Using headless Chrome and Lambda, Serverless Lighthouse analyzes web apps and web pages, collecting modern performance metrics and insights on developer best practices.
Install the required packages.
npm install --global serverless
npm install --save lighthouse
npm install --save serverless-plugin-chrome
npm install --save-dev serverless-attach-managed-policy
Once the packages are installed you must set your AWS credentials by defining AWS_ACCESS_KEY_ID
and AWS_SECRET_ACCESS_KEY
environmental variables, or using an AWS profile. You can read more about this on the Serverless Credentials Guide.
In short, either:
export AWS_PROFILE=<your-profile-name>
or
export AWS_ACCESS_KEY_ID=<your-key-here>
export AWS_SECRET_ACCESS_KEY=<your-secret-key-here>
Then, to deploy the service and all of its functions:
serverless deploy -v
Use this to quickly upload and overwrite your AWS Lambda code on AWS, allowing you to develop faster.
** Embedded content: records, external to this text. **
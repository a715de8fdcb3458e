-- ===== src/Msg/Decode.antt =====
-- src/msg/util/decode.rs: a cursor over the body of a message. A byte slice is a list of numbers.
pub mod Cursor
pub mod Reads
pub mod Sound
pub mod Exact
pub mod Collect
use postgread.Prelude.{
  ℕ, zero, suc, ◌+◌, ◌-◌, ◌*◌, ◌<◌, List, [], ◌∷◌, Option, none, some, leb, ◌==◌, if◌then◌else◌,
  length, take, drop, u8_of, u16_of, u32_of,
}
use postgread.Prelude.Int.{ℤ}
use postgread.Msg.TypeByte.{TypeByte}

-- What the `format!` of a problem prints: one constructor for each format string of the
-- decoders, with the numbers put into it.
pub data Report : Type 0 where
  unknown_format : ℕ → Report
  length_of_value : ℤ → Report
  mechanism_data_len : ℤ → Report
  unknown_sub_type : ℕ → Report
  unknown_field_type : ℕ → ℕ → Report
  unknown_status : ℕ → Report

pub data Problem : Type 0 where
  need_more_bytes : ℕ → Problem
  no_null_byte : Problem
  incorrect : Report → Problem
  unknown : Report → Problem

-- `out_of_fuel` is no value of the program: a loop of the model used up its fuel.
pub data DecodeResult {ℓ} (A : Type ℓ) : Type ℓ where
  ok : A → DecodeResult A
  err : Problem → DecodeResult A
  out_of_fuel : DecodeResult A

pub record BytesSource : Type 0 where
  pub slice : List ℕ
  pub pos : ℕ

-- A function on `&mut BytesSource`: its result, and the source after it.
abbrev pub Decoder {ℓ} : Type ℓ → Type ℓ
Decoder A = BytesSource → DecodeResult A × BytesSource

abbrev pub pure {ℓ} : {A : Type ℓ} → A → Decoder A
pure a s = (ok a, s)

abbrev pub fail {ℓ} : {A : Type ℓ} → Problem → Decoder A
fail p s = (err p, s)

abbrev continue {ℓ κ} :
    {A : Type ℓ} {B : Type κ}
    → (A → Decoder B)
    → DecodeResult A
    → BytesSource
    → DecodeResult B × BytesSource
continue f (ok a) s = f a s
continue f (err p) s = (err p, s)
continue f out_of_fuel s = (out_of_fuel, s)

-- The `?` of a step and what follows it.
infixl 5 ◌>>=◌
abbrev pub ◌>>=◌ {ℓ κ} : {A : Type ℓ} {B : Type κ} → Decoder A → (A → Decoder B) → Decoder B
◌>>=◌ d f s = continue f (d s).0 (d s).1

pub record MsgDecode (Msg : Type 0) : Type 0 where
  pub type_byte_opt : Option TypeByte
  pub decode_body : Decoder Msg

unfoldable pub new : List ℕ → BytesSource
new slice = record { slice = slice; pos = 0 }

unfoldable pub left : BytesSource → ℕ
left s = length s.slice - s.pos

module _ {ℓ} {A : Type ℓ} where
  unfoldable pub take_bounded : ℕ → (List ℕ → A) → Decoder A
  take_bounded needed decode s =
      if leb (s.pos + needed) (length s.slice)
      then (ok (decode (take needed (drop s.pos s.slice))), record s { pos = s.pos + needed })
      else (
        err (need_more_bytes (needed - (length s.slice - s.pos))),
        record s { pos = length s.slice },
      )

unfoldable pub take_u8 : Decoder ℕ
take_u8 = take_bounded 1 u8_of

unfoldable pub take_u16 : Decoder ℕ
take_u16 = take_bounded 2 u16_of

unfoldable pub take_u32 : Decoder ℕ
take_u32 = take_bounded 4 u32_of

-- The buffer is given, and returned as the copy leaves it.
unfoldable pub take_slice : List ℕ → Decoder (List ℕ)
take_slice result = take_bounded (length result) (λ s. s)

unfoldable pub take_vec : ℕ → Decoder (List ℕ)
take_vec len = take_bounded len (λ s. s)

-- The loop of `take_until_null` over the bytes from `null_pos` on: where the first 0 stands.
unfoldable pub null_loop : List ℕ → ℕ → Option ℕ
null_loop [] null_pos = none
null_loop (b ∷ bs) null_pos =
    let rest = null_loop bs (null_pos + 1) in if b == 0 then some null_pos else rest

unfoldable pub until_null : BytesSource → Option ℕ → DecodeResult (List ℕ) × BytesSource
until_null s (some null_pos) =
    (ok (take (null_pos - s.pos) (drop s.pos s.slice)), record s { pos = null_pos + 1 })
until_null s none = (err no_null_byte, record s { pos = length s.slice })

unfoldable pub take_until_null : Decoder (List ℕ)
unfolding null_loop until_null
take_until_null s = until_null s (null_loop (drop s.pos s.slice) s.pos)

-- `bytes.take_vec(bytes.left())`
unfoldable pub take_left : Decoder (List ℕ)
take_left s = take_vec (left s) s

-- What a round is followed by: the `break`, or the `push` and the rounds to come.
unfoldable pub after_round : {A : Type 0} → Decoder (List A) → Option A → Decoder (List A)
after_round more none = pure []
after_round more (some a) = more >>= λ items. pure (a ∷ items)

-- `loop { ... break; ... push(item) }`: a round returns `none` for the `break`. The loop is on fuel.
unfoldable pub collect : {A : Type 0} → ℕ → Decoder (Option A) → Decoder (List A)
unfolding after_round
collect zero round s = (out_of_fuel, s)
collect (suc fuel) round s = let more = collect fuel round in (round >>= after_round more) s

-- Each round takes a byte at least, so it is enough to have a round for each byte that is left,
-- and one more.
unfoldable pub collect_all : {A : Type 0} → Decoder (Option A) → Decoder (List A)
unfolding collect
collect_all round s = collect (left s + 1) round s
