-- ===== src/Msg/Encode.antt =====
-- src/msg/util/encode.rs: a cursor that writes into a byte slice.
use postgread.Prelude.{
  ℕ, zero, suc, ◌+◌, ◌-◌, ◌<◌, ◌≡◌, refl, sym, ap, List, [], ◌∷◌, ◌++◌, Result, ok, err, length,
  drop, leb, if◌then◌else◌, u8_bytes, u32_bytes, arith, length-append, append_assoc, le→leb, lt→leb,
}

pub data Problem : Type 0 where
  out_of_space : ℕ → Problem

pub record BytesTarget : Type 0 where
  pub slice : List ℕ
  pub pos : ℕ

abbrev pub EncodeResult : Type 0
EncodeResult = Result Problem (Unit {0})

unfoldable pub new : List ℕ → BytesTarget
new slice = record { slice = slice; pos = 0 }

unfoldable pub left : BytesTarget → ℕ
left t = length t.slice - t.pos

-- What `rest` borrows: the slice from the cursor on.
unfoldable pub rest : BytesTarget → List ℕ
rest t = drop t.pos t.slice

-- `slice[i] = b`
unfoldable pub set : List ℕ → ℕ → ℕ → List ℕ
set [] i b = []
set (x ∷ xs) zero b = b ∷ xs
set (x ∷ xs) (suc i) b = x ∷ set xs i b

-- The loop of `put_bounded!`: `bytes` are those from `bytes[i]` on, and `i` counts from `pos`.
unfoldable pub put_loop : List ℕ → ℕ → List ℕ → List ℕ
put_loop slice i [] = slice
put_loop slice i (b ∷ bytes) = put_loop (set slice i b) (i + 1) bytes

-- `put_bounded!` on the bytes of a value, `LEN` of them.
unfoldable pub put_bounded : List ℕ → BytesTarget → EncodeResult × BytesTarget
put_bounded bytes t =
    if leb (t.pos + length bytes) (length t.slice)
    then (ok tt, record { slice = put_loop t.slice t.pos bytes; pos = t.pos + length bytes })
    else (
      err (out_of_space (length bytes - (length t.slice - t.pos))),
      record t { pos = length t.slice },
    )

unfoldable pub put_u8 : ℕ → BytesTarget → EncodeResult × BytesTarget
put_u8 value = put_bounded (u8_bytes value)

unfoldable pub put_u32 : ℕ → BytesTarget → EncodeResult × BytesTarget
put_u32 value = put_bounded (u32_bytes value)

-- The target that holds `done`, and `free` from the cursor on.
abbrev pub at : List ℕ → List ℕ → BytesTarget
at done free = record { slice = done ++ free; pos = length done }

set-append :
    (done : List ℕ) (x b : ℕ) (xs : List ℕ) → set (done ++ x ∷ xs) (length done) b ≡ done ++ b ∷ xs
unfolding set
set-append [] x b xs = refl
set-append (d ∷ done) x b xs = ap (λ t. d ∷ t) (set-append done x b xs)

put_loop-append :
    (done old free bytes : List ℕ)
    → length old ≡ length bytes
    → put_loop (done ++ (old ++ free)) (length done) bytes ≡ done ++ (bytes ++ free)
unfolding put_loop
put_loop-append done [] free [] e = refl
put_loop-append done [] free (b ∷ bytes) e = absurd (omega arith)
put_loop-append done (x ∷ old) free [] e = absurd (omega arith)
put_loop-append done (x ∷ old) free (b ∷ bytes) e =
    rw (set-append done x b (old ++ free))
      (moved (put_loop-append (done ++ (b ∷ [])) old free bytes (omega arith)))
  where
    moved :
        put_loop ((done ++ b ∷ []) ++ (old ++ free)) (length (done ++ b ∷ [])) bytes
          ≡ (done ++ b ∷ []) ++ (bytes ++ free)
        → put_loop (done ++ b ∷ (old ++ free)) (length done + 1) bytes ≡ done ++ b ∷ (bytes ++ free)
    moved h =
        rw
          (
            append_assoc done (b ∷ []) (old ++ free),
            append_assoc done (b ∷ []) (bytes ++ free),
            length-append done (b ∷ []),
          )
          at h

-- There is room: the bytes stand where the cursor stood, and nothing else has changed.
pub put_bounded-at :
    (done old free bytes : List ℕ)
    → length old ≡ length bytes
    → put_bounded bytes (at done (old ++ free)) ≡ (ok tt, at (done ++ bytes) free)
unfolding put_bounded
put_bounded-at done old free bytes e =
    rw
      (
        le→leb (length done + length bytes) (length (done ++ (old ++ free)))
            (omega (arith, e, length-append done (old ++ free), length-append old free)),
        put_loop-append done old free bytes e,
      )
      (λ i. (
        ok tt,
        record {
          slice = sym (append_assoc done bytes free) i;
          pos = sym (length-append done bytes) i;
        },
      ))

-- There is none: the problem says how many bytes are missing, and the slice is as it was.
pub put_bounded_full :
    (done free bytes : List ℕ)
    → length free < length bytes
    → put_bounded bytes (at done free) ≡ (
      err (out_of_space (length bytes - length free)),
      record { slice = done ++ free; pos = length (done ++ free) },
    )
unfolding put_bounded
put_bounded_full done free bytes h =
    let e = length-append done free in
    rw (
      lt→leb (length done + length bytes) (length (done ++ free)) (omega (arith, e)),
      (let d : length (done ++ free) - length done ≡ length free = omega (arith, e) in d),
    )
serverless deploy function -f auditor
You can easily add a target to be audited and manipulate the performance data.
By adding in some serverless configs you can create a desktop or mobile audit target.
functions:
auditor:
handler: handler.audit
events:
- schedule:
name: lighthouse-audit-trigger
description: 'Audit the input target.'
rate: rate(5 minutes)
enabled: true
input:
target: https://www.example.com/
mobile: false
This will create a desktop audit of "https://www.example.com/" and will run every 5 minutes.
The output of the audit is a json blob that is anywhere from 30mb to 80mb in size. This can be saved off to a file and loaded in the Lighthouse Viewer at a later time.
You can use Lighthouse programmatically and manipulate the json blob
lighthouse(url, flags).then(function(results) {
console.log('timestamp: ' + results.generatedTime)
console.log('target: ' + results.url)
console.log('total-time: ' + results.timing.total)
console.log('score: ' + results.score)
})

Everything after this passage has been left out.